Bynkershoek, De F. L. c. v. De Sanctitate Legatorum, &c. "Plus scire attinet, quâ ratione legati apud omnes, ut dixi, gentes habeantur sancti-Et si sanctum id sit, quod ab injuriâ hominum atque defensum munitum est, ut esse dicit Marcianus in 1. 8, pr. ff De Rev. Divis., utque ex proprietate verbi deducit Festus in V. sanctum, dicendum videbatur sanctitatem id legatis præstare, ne dicto factove offendere liceat, quia imaginem principis sui ubique circumferunt, quia pacis et foederum nuncii sunt et proxenetæ, et sine his gentium societas et beata quies salva esse nequit."

Vattel, 1. iv. c. vii. s. 81, & s. 92. "L'inviolabilité du ministre public, ou la sûreté qui lui est due, plus saintement et plus particulièrement qu'à tout autre étranger ou citoyen." Martens, s. 214. Klüber, s. 203.

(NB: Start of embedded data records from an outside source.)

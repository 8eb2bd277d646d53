-- ===== src/Tftp/Ack/Laws.antt =====
-- What an acknowledgement takes, and when a packet is sent again (go-susi/tftp/server.go).
use limux_gosa.Base.{
  ℕ, zero, suc, ◌+◌, ◌<◌, Bool, true, false, not, ◌&&◌, ◌||◌, List, [], ◌∷◌, ◌++◌, ◌==◌, ltb,
  length, take, drop, if◌then◌else◌, ◌≡◌, ◌≢◌, ◌⊎◌, inl, inr, refl, ap, sym, ◌∙◌, arith, Bool-cases,
  ==_iff,
}
use limux_gosa.Base.Text.{Text}
use limux_gosa.Tftp.Ack.{
  Read, packet, failed, expired, Round, Counters, byte_at, fill, Reply, acked, gave_up, panicked,
  resend, Heard, received, is_ack, listen, Result, conclude, send_rounds, send_and_wait,
}

-- The packet is an ACK of the peer: opcode 4, and for DATA the block number that was sent.
abbrev pub IsAnswer : Text → ℕ → Read → Type 0
IsAnswer sent peer (packet from bytes) =
    (from ≡ peer)
    × (length bytes ≡ 4)
    × (byte_at bytes 0 ≡ 0)
    × (byte_at bytes 1 ≡ 4)
    × ((byte_at sent 1 ≢ 3)
        ⊎ ((byte_at bytes 2 ≡ byte_at sent 2) × (byte_at bytes 3 ≡ byte_at sent 3)))
IsAnswer sent peer failed = ⊥
IsAnswer sent peer expired = ⊥

-- One of the reads is such a packet.
pub data Hears (sent : Text) (peer : ℕ) : List Read → Type 0 where
  now : {r : Read} {rs : List Read} → IsAnswer sent peer r → Hears sent peer (r ∷ rs)
  later : {r : Read} {rs : List Read} → Hears sent peer rs → Hears sent peer (r ∷ rs)

pub data HearsIn (sent : Text) (peer : ℕ) : List Round → Type 0 where
  now : {r : Round} {rs : List Round} → Hears sent peer r.reads → HearsIn sent peer (r ∷ rs)
  later : {r : Round} {rs : List Round} → HearsIn sent peer rs → HearsIn sent peer (r ∷ rs)

take_short : (n : ℕ) (bs : Text) → length (take n bs) < n → take n bs ≡ bs
take_short zero bs h = elim h [ ]
take_short (suc n) [] h = refl
take_short (suc n) (b ∷ bs) h = ap (◌∷◌ b) (take_short n bs (omega arith))

pub take_all : (n : ℕ) (bs : Text) → length bs < n → take n bs ≡ bs
take_all zero bs h = elim h [ ]
take_all (suc n) [] h = refl
take_all (suc n) (b ∷ bs) h = ap (◌∷◌ b) (take_all n bs (omega arith))

pub byte_at-append : (i : ℕ) (bs cs : Text) → i < length bs → byte_at (bs ++ cs) i ≡ byte_at bs i
byte_at-append i [] cs h = elim h [ ]
byte_at-append zero (b ∷ bs) cs h = refl
byte_at-append (suc i) (b ∷ bs) cs h = byte_at-append i bs cs (omega arith)

received_short : (bytes : Text) → length (received bytes) ≡ 4 → received bytes ≡ bytes
unfolding received
received_short bytes h = take_short 4096 bytes (omega (arith, h))

ack_test :
    (n b0 b1 b2 b3 s1 s2 s3 : ℕ)
    → (n == 4 && b0 == 0 && b1 == 4 && (not (s1 == 3) || (b2 == s2 && b3 == s3))) ≡ true
    → (n ≡ 4) × (b0 ≡ 0) × (b1 ≡ 4) × ((s1 ≢ 3) ⊎ ((b2 ≡ s2) × (b3 ≡ s3)))
ack_test n b0 b1 b2 b3 s1 s2 s3 h = (
  ground arith,
  ground arith,
  ground arith,
  elim (Bool-cases (s1 == 3)) [
    | inl e ↦ inr (ground arith, ground arith)
    | inr e ↦ inl (ground arith)
  ],
)

-- The test on the buffer says the same of the packet that was read into it.
is_ack-IsAnswer :
    (sent : Text) (peer from : ℕ) (bytes buf : Text)
    → (from == peer) ≡ true
    → is_ack sent (length (received bytes)) (fill (received bytes) buf) ≡ true
    → IsAnswer sent peer (packet from bytes)
unfolding is_ack
is_ack-IsAnswer sent peer from bytes buf p a =
    let (n, z, o, b) =
      ack_test (length (received bytes)) (byte_at (fill (received bytes) buf) 0)
        (byte_at (fill (received bytes) buf) 1) (byte_at (fill (received bytes) buf) 2)
        (byte_at (fill (received bytes) buf) 3) (byte_at sent 1) (byte_at sent 2) (byte_at sent 3)
        a in
    let whole : received bytes ≡ bytes = received_short bytes n in
    let m : length bytes ≡ 4 = rw whole at n in
    let back = drop (length (received bytes)) buf in
    let at = λ (i : ℕ) (h : i < 4).
      (ap (λ t. byte_at (t ++ back) i) whole) ∙ byte_at-append i bytes back (omega arith) in
    (
      (==_iff from peer).0 p,
      m,
      sym (at 0 (omega arith)) ∙ z,
      sym (at 1 (omega arith)) ∙ o,
      elim b [
        | inl ne ↦ inl ne
        | inr (x, y) ↦ inr (sym (at 2 (omega arith)) ∙ x, sym (at 3 (omega arith)) ∙ y)
      ],
    )

not_acked : gave_up ≢ acked
not_acked e = cc e

dup_only :
    (c d : Bool) (x y z : Heard)
    → x.reply ≢ acked
    → z.reply ≢ acked
    → (if c then x else if d then y else z).reply ≡ acked
    → y.reply ≡ acked
dup_only true d x y z nx nz e = absurd (nx e)
dup_only false true x y z nx nz e = e
dup_only false false x y z nx nz e = absurd (nz e)

refused : (b : Bool) → (if b then panicked else gave_up) ≢ acked
refused true = λ e. cc e
refused false = λ e. cc e

listen-acked :
    (sent : Text) (peer : ℕ) (rs : List Read) (buf : Text) (k : Counters)
    → (listen sent peer rs buf k).reply ≡ acked
    → Hears sent peer rs
unfolding listen
listen-acked sent peer [] buf k e = cc
listen-acked sent peer (expired ∷ rs) buf k e = cc
listen-acked sent peer (failed ∷ rs) buf k e = cc
listen-acked sent peer (packet from bytes ∷ rs) buf k e = elim (Bool-cases (from == peer)) [
  | inl p ↦ elim (Bool-cases (is_ack sent (length (received bytes)) (fill (received bytes) buf))) [
    | inl a ↦ now (is_ack-IsAnswer sent peer from bytes buf p a)
    | inr a ↦ later (
        listen-acked sent peer rs (fill (received bytes) buf) (record k { dups = k.dups + 1 })
          (dup_only _ _ _ _ _ (refused (ltb (length (received bytes)) 4)) not_acked
            (rw (p, a) at e)))
  ]
  | inr p ↦ later (
      listen-acked sent peer rs (fill (received bytes) buf) (record k { strays = k.strays + 1 })
        (rw p at e))
]

conclude-acked :
    (reply : Reply) (sent : Text) {peer : ℕ} {r : Round} {rs : List Round} (heard : Heard)
    (again : Result)
    → heard.reply ≡ reply
    → (conclude reply sent heard again).reply ≡ acked
    → (heard.reply ≡ acked → Hears sent peer r.reads)
    → (again.reply ≡ acked → HearsIn sent peer rs)
    → HearsIn sent peer (r ∷ rs)
unfolding conclude
conclude-acked resend sent heard again q e now_heard later_heard = later (later_heard e)
conclude-acked acked sent heard again q e now_heard later_heard = now (now_heard q)
conclude-acked gave_up sent heard again q e now_heard later_heard = cc e
conclude-acked panicked sent heard again q e now_heard later_heard = cc e

send_rounds-acked :
    (sent : Text) (peer : ℕ) (rs : List Round) (buf : Text) (k : Counters)
    → (send_rounds sent peer rs buf k).reply ≡ acked
    → HearsIn sent peer rs
unfolding send_rounds
send_rounds-acked sent peer [] buf k e = cc
send_rounds-acked sent peer (r ∷ rs) buf k e = elim (Bool-cases r.write_ok) [
  | inl w ↦
      let heard = listen sent peer r.reads buf k in
      let k' = record heard.counters { retransmissions = heard.counters.retransmissions + 1 } in
      conclude-acked heard.reply sent heard (send_rounds sent peer rs heard.buffer k') refl
        (rw w at e) (listen-acked sent peer r.reads buf k)
        (send_rounds-acked sent peer rs heard.buffer k')
  | inr w ↦ cc (rw w at e)
]

-- sendAndWaitForAck reports success only if one of the packets that were read is an ACK from the port of
-- the peer and, if DATA was sent, for the block number that was sent.
pub send_and_wait-acked :
    (sent : Text) (peer : ℕ) (rounds : List Round) (k : Counters)
    → (send_and_wait sent peer rounds k).reply ≡ acked
    → HearsIn sent peer rounds
unfolding send_and_wait
send_and_wait-acked sent peer rounds k e = send_rounds-acked sent peer rounds [] k e
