-- ===== src/Tftp/Ack/Once.antt =====
-- Packets that are late or stray, and when a packet is sent again (go-susi/tftp/server.go).
use limux_gosa.Base.{
  ℕ, suc, ◌+◌, ◌<◌, true, false, List, [], ◌∷◌, ◌++◌, ◌==◌, length, drop, All, if◌then◌else◌, ◌≡◌,
  ◌≢◌, ◌⊎◌, inl, inr, refl, ap, arith, ==_iff,
}
use limux_gosa.Base.Text.{Text}
use limux_gosa.Tftp.Ack.Laws.{IsAnswer, take_all, byte_at-append}
use limux_gosa.Tftp.Ack.{
  Read, packet, failed, expired, Round, Sent, to_peer, error_packet, Counters, byte_at, fill, acked,
  received, is_ack, same_block, listen, send_rounds, send_and_wait,
}

-- An ACK of the peer for another block than the one sent, such as one that was delayed.
abbrev IsDuplicate : Text → ℕ → Read → Type 0
IsDuplicate sent peer (packet from bytes) =
    (from ≡ peer)
    × (length bytes ≡ 4)
    × (byte_at bytes 0 ≡ 0)
    × (byte_at bytes 1 ≡ 4)
    × (byte_at sent 1 ≡ 3)
    × ((byte_at bytes 2 ≢ byte_at sent 2) ⊎ (byte_at bytes 3 ≢ byte_at sent 3))
IsDuplicate sent peer failed = ⊥
IsDuplicate sent peer expired = ⊥

abbrev IsStray : ℕ → Read → Type 0
IsStray peer (packet from bytes) = from ≢ peer
IsStray peer failed = ⊥
IsStray peer expired = ⊥

-- Packets that are no reason to stop, and none to send again.
abbrev pub IsNoise : Text → ℕ → Read → Type 0
IsNoise sent peer r = IsDuplicate sent peer r ⊎ IsStray peer r

-- The ERROR packets for the packets from other ports.
abbrev pub complaints : ℕ → List Read → List Sent
complaints peer [] = []
complaints peer (packet from _ ∷ rs) =
    let rest = complaints peer rs in if from == peer then rest else error_packet 5 ∷ rest
complaints peer (failed ∷ rs) = complaints peer rs
complaints peer (expired ∷ rs) = complaints peer rs

received_whole : (bytes : Text) → length bytes ≡ 4 → received bytes ≡ bytes
unfolding received
received_whole bytes h = take_all 4096 bytes (omega (arith, h))

module _ (sent : Text) (peer : ℕ) where
  -- The tests on the buffer, after a packet of four bytes.
  module _ (bytes buf : Text) (n : length bytes ≡ 4) where
    in_buffer : (i : ℕ) → i < 4 → byte_at (fill (received bytes) buf) i ≡ byte_at bytes i
    in_buffer i h =
        rw (received_whole bytes n) (byte_at-append i bytes (drop (length bytes) buf) (omega arith))

    answer_test :
        (byte_at bytes 0 ≡ 0)
        → (byte_at bytes 1 ≡ 4)
        → ((byte_at sent 1 ≢ 3)
            ⊎ ((byte_at bytes 2 ≡ byte_at sent 2) × (byte_at bytes 3 ≡ byte_at sent 3)))
        → is_ack sent (length (received bytes)) (fill (received bytes) buf) ≡ true
    unfolding is_ack
    answer_test z o b =
        rw
          (
            in_buffer 0 (omega arith),
            in_buffer 1 (omega arith),
            in_buffer 2 (omega arith),
            in_buffer 3 (omega arith),
            received_whole bytes n,
            n,
            z,
            o,
          )
          (ground arith)

    duplicate_test :
        (byte_at sent 1 ≡ 3)
        → ((byte_at bytes 2 ≢ byte_at sent 2) ⊎ (byte_at bytes 3 ≢ byte_at sent 3))
        → (is_ack sent (length (received bytes)) (fill (received bytes) buf) ≡ false)
          × (same_block sent (fill (received bytes) buf) ≡ false)
    unfolding is_ack
    duplicate_test d b =
        rw
          (
            in_buffer 0 (omega arith),
            in_buffer 1 (omega arith),
            in_buffer 2 (omega arith),
            in_buffer 3 (omega arith),
            received_whole bytes n,
            n,
          )
          (ground arith)

  listen-noise :
      (rs : List Read) (a : Read) (more : List Read) (buf : Text) (k : Counters)
      → All (IsNoise sent peer) rs
      → IsAnswer sent peer a
      → ((listen sent peer (rs ++ a ∷ more) buf k).reply ≡ acked)
        × ((listen sent peer (rs ++ a ∷ more) buf k).counters.retransmissions ≡ k.retransmissions)
        × ((listen sent peer (rs ++ a ∷ more) buf k).errors ≡ complaints peer rs)
  unfolding listen
  listen-noise [] (packet from bytes) more buf k h (p, n, z, o, b) =
      rw ((==_iff from peer).1 p, answer_test bytes buf n z o b) (refl, refl, refl)
  listen-noise [] failed more buf k h a = absurd a
  listen-noise [] expired more buf k h a = absurd a
  listen-noise (packet from bytes ∷ rs) a more buf k (inl (p, n, z, o, d, b), h) ans =
      let (x, y) = duplicate_test bytes buf n d b in
      let buf' = fill (received bytes) buf in
      let e0 = in_buffer bytes buf n 0 (omega arith) in
      let e1 = in_buffer bytes buf n 1 (omega arith) in
      rw ((==_iff from peer).1 p, x, e0, e1, z, o, d, y)
        (listen-noise rs a more buf' (record k { dups = k.dups + 1 }) h ans)
  listen-noise (packet from bytes ∷ rs) a more buf k (inr ne, h) ans =
      let off : (from == peer) ≡ false = ground arith in
      let (x, y, z) =
        listen-noise rs a more (fill (received bytes) buf) (record k { strays = k.strays + 1 }) h
          ans in
      rw off (x, y, ap (λ es. error_packet 5 ∷ es) z)
  listen-noise (failed ∷ rs) a more buf k (inl x, h) ans = absurd x
  listen-noise (failed ∷ rs) a more buf k (inr x, h) ans = absurd x
  listen-noise (expired ∷ rs) a more buf k (inl x, h) ans = absurd x
  listen-noise (expired ∷ rs) a more buf k (inr x, h) ans = absurd x

-- How often the packet itself is on the wire.
abbrev pub copies : List Sent → ℕ
copies [] = 0
copies (to_peer _ ∷ w) = suc (copies w)
copies (error_packet _ ∷ w) = copies w

abbrev IsError : Sent → Type 0
IsError (to_peer _) = ⊥
IsError (error_packet _) = Unit

copies-errors : (w : List Sent) → All IsError w → copies w ≡ 0
copies-errors [] h = refl
copies-errors (to_peer _ ∷ w) h = absurd h.0
copies-errors (error_packet _ ∷ w) h = copies-errors w h.1

listen-errors :
    (sent : Text) (peer : ℕ) (rs : List Read) (buf : Text) (k : Counters)
    → All IsError (listen sent peer rs buf k).errors
unfolding listen
listen-errors sent peer [] buf k = tt
listen-errors sent peer (expired ∷ rs) buf k = tt
listen-errors sent peer (failed ∷ rs) buf k = tt
listen-errors sent peer (packet from bytes ∷ rs) buf k =
    let read = received bytes in
    let buf' = fill read buf in
    ground (
      arith,
      listen-errors sent peer rs buf' (record k { strays = k.strays + 1 }),
      listen-errors sent peer rs buf' (record k { dups = k.dups + 1 }),
    )

-- If the packets that come in before the ACK are duplicates of earlier ACKs or come from other ports, then
-- the packet is acknowledged and was sent just once: neither kind causes a retransmission. Each packet from
-- another port makes the server send an ERROR with code 5 to the peer, and nothing else is sent.
pub send_and_wait_once :
    (sent : Text) (peer : ℕ) (noise : List Read) (a : Read) (more : List Read) (rest : List Round)
    (k : Counters)
    → All (IsNoise sent peer) noise
    → IsAnswer sent peer a
    → let r =
        send_and_wait sent peer (record { write_ok = true; reads = noise ++ a ∷ more } ∷ rest) k in
      (r.reply ≡ acked)
      × (copies r.wire ≡ 1)
      × (r.counters.retransmissions ≡ k.retransmissions)
      × (r.wire ≡ to_peer sent ∷ complaints peer noise)
unfolding send_and_wait send_rounds
send_and_wait_once sent peer noise a more rest k h ans =
    let (x, y, z) = listen-noise sent peer noise a more [] k h ans in
    rw x (
      refl,
      ap suc (
          copies-errors (listen sent peer (noise ++ a ∷ more) [] k).errors
            (listen-errors sent peer (noise ++ a ∷ more) [] k)),
      y,
      ap (λ es. to_peer sent ∷ es) z,
    )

(d) Whether Vattel be right or not in the application of the principle of the law to the case of the ambassadors of Francis I., put to death by the Governor of Milan, through which city they were travelling to Constantinople, the principle which he lays down is sound and true: "Et comme il n'en donna point de satisfaction convenable, François Ier avait un très-juste sujet de lui déclarer la guerre, et même de demander l'assistance de toutes les nations. Car une affaire de cette nature n'est point un différent particulier, une question litigeuse, dans laquelle chaque partie tire le droit de son côté; c'est la querelle de toutes les nations, intéressées à maintenir comme sacrés le droit et les moyens qu'elles ont de communiquer ensemble et de traiter de leurs affaires."—1. iv. c. vii. s. 84. "Quiconque fait violence à un ambassadeur ou à tout autre ministre public ne fait pas seulement injure au souverain que ce ministre répresente; il blesse la sûreté commune et le salut des nations; il se rend coupable d'un crime atroce envers tous les peuples."—

Ib. s. 81.

(e) "Quid igitur est præcipuum in legatis? hoc videlicet, ut in eos, qui legatos malé habent, severiùs animadvertatur, atque ita ob personarum sanctitatem pœna atrocior statuatur, quam solet statui in eos, qui privatum quemcunque læsissent.". Bynk. De Foro Leg. c. v. Miruss, s. 337.